### [YOUR TASK]
Please repeat, from the entries that follow, the lines from the one containing "is not added." through the one containing "-- main/update.py: the" exactly, adding nothing.

[SUPPLIED INFORMATION — start]

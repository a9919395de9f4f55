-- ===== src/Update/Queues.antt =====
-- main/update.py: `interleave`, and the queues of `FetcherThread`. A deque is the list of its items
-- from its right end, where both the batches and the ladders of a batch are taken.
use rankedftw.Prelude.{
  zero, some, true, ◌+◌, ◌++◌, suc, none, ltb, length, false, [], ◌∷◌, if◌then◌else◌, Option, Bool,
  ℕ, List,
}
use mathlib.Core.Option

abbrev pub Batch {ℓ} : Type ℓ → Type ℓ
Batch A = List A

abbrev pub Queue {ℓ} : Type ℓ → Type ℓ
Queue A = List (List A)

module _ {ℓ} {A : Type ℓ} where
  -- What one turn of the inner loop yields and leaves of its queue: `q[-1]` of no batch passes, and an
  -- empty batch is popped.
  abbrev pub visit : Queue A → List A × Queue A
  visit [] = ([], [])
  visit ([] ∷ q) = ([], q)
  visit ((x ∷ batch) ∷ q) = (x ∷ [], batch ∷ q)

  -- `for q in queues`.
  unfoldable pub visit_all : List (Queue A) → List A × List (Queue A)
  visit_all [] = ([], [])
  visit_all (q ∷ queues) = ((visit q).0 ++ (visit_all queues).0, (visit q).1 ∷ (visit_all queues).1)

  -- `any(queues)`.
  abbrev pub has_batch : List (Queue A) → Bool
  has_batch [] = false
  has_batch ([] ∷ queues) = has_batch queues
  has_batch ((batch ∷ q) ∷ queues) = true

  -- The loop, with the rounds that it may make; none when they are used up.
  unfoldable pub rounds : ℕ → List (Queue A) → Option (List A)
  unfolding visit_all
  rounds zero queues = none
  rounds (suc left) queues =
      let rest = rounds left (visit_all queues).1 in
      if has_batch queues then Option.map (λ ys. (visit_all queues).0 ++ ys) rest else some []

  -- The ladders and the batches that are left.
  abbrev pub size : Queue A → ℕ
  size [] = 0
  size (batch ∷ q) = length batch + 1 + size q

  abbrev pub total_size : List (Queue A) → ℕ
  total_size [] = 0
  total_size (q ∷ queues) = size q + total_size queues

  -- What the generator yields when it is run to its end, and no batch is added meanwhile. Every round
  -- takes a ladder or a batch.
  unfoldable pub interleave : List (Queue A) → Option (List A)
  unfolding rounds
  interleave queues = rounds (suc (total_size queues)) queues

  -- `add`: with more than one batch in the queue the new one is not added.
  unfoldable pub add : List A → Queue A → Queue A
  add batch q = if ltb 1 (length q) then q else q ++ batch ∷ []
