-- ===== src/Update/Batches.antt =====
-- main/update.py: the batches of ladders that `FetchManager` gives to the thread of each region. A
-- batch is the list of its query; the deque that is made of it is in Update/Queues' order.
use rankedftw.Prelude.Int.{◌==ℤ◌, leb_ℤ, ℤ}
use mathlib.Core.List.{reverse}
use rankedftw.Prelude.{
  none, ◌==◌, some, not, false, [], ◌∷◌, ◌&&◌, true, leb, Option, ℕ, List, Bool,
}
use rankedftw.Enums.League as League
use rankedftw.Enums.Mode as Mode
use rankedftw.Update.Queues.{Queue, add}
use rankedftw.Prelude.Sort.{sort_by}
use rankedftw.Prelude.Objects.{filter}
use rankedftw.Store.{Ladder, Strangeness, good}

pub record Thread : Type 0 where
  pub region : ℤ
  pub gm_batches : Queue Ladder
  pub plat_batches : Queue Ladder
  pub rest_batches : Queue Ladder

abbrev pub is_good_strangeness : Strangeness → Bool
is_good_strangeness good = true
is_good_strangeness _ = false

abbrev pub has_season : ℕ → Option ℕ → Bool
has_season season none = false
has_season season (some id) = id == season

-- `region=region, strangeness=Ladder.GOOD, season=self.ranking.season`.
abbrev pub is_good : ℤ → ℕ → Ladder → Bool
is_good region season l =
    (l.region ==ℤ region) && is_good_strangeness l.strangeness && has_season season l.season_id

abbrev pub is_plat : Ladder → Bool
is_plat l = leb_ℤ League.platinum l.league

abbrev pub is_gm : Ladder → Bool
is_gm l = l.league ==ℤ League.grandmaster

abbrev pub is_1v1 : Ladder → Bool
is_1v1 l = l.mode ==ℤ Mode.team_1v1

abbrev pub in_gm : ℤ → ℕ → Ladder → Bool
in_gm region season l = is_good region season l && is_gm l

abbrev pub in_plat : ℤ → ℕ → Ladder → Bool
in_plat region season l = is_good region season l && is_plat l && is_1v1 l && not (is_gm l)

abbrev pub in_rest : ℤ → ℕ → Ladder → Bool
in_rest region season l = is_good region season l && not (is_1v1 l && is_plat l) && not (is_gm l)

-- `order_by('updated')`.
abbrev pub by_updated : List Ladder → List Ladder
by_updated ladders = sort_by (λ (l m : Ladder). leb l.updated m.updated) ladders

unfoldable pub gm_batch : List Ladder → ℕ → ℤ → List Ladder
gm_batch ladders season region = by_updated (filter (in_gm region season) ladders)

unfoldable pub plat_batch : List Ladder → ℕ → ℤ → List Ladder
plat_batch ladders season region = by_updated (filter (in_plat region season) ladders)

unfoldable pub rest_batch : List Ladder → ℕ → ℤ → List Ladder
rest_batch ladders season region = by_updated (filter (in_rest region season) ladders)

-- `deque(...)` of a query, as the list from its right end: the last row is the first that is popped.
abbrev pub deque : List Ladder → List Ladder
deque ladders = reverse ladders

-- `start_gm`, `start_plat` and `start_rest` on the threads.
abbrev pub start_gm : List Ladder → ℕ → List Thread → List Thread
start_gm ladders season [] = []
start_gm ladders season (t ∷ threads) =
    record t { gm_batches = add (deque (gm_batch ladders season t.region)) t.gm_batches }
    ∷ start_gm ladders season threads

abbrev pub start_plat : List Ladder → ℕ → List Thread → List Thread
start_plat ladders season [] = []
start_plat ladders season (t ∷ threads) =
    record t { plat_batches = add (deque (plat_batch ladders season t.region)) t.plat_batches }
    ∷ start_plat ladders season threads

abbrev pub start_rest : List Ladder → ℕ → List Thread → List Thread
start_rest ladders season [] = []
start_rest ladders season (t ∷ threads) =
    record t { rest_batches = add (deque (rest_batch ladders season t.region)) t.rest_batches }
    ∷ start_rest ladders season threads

[SUPPLIED INFORMATION — finish]

### [EXERCISE ANSWER]
  -- `add`: with more than one batch in the queue the new one is not added.
  unfoldable pub add : List A → Queue A → Queue A
  add batch q = if ltb 1 (length q) then q else q ++ batch ∷ []
-- ===== src/Update/Batches.antt =====
-- main/update.py: the batches of ladders that `FetchManager` gives to the thread of each region. A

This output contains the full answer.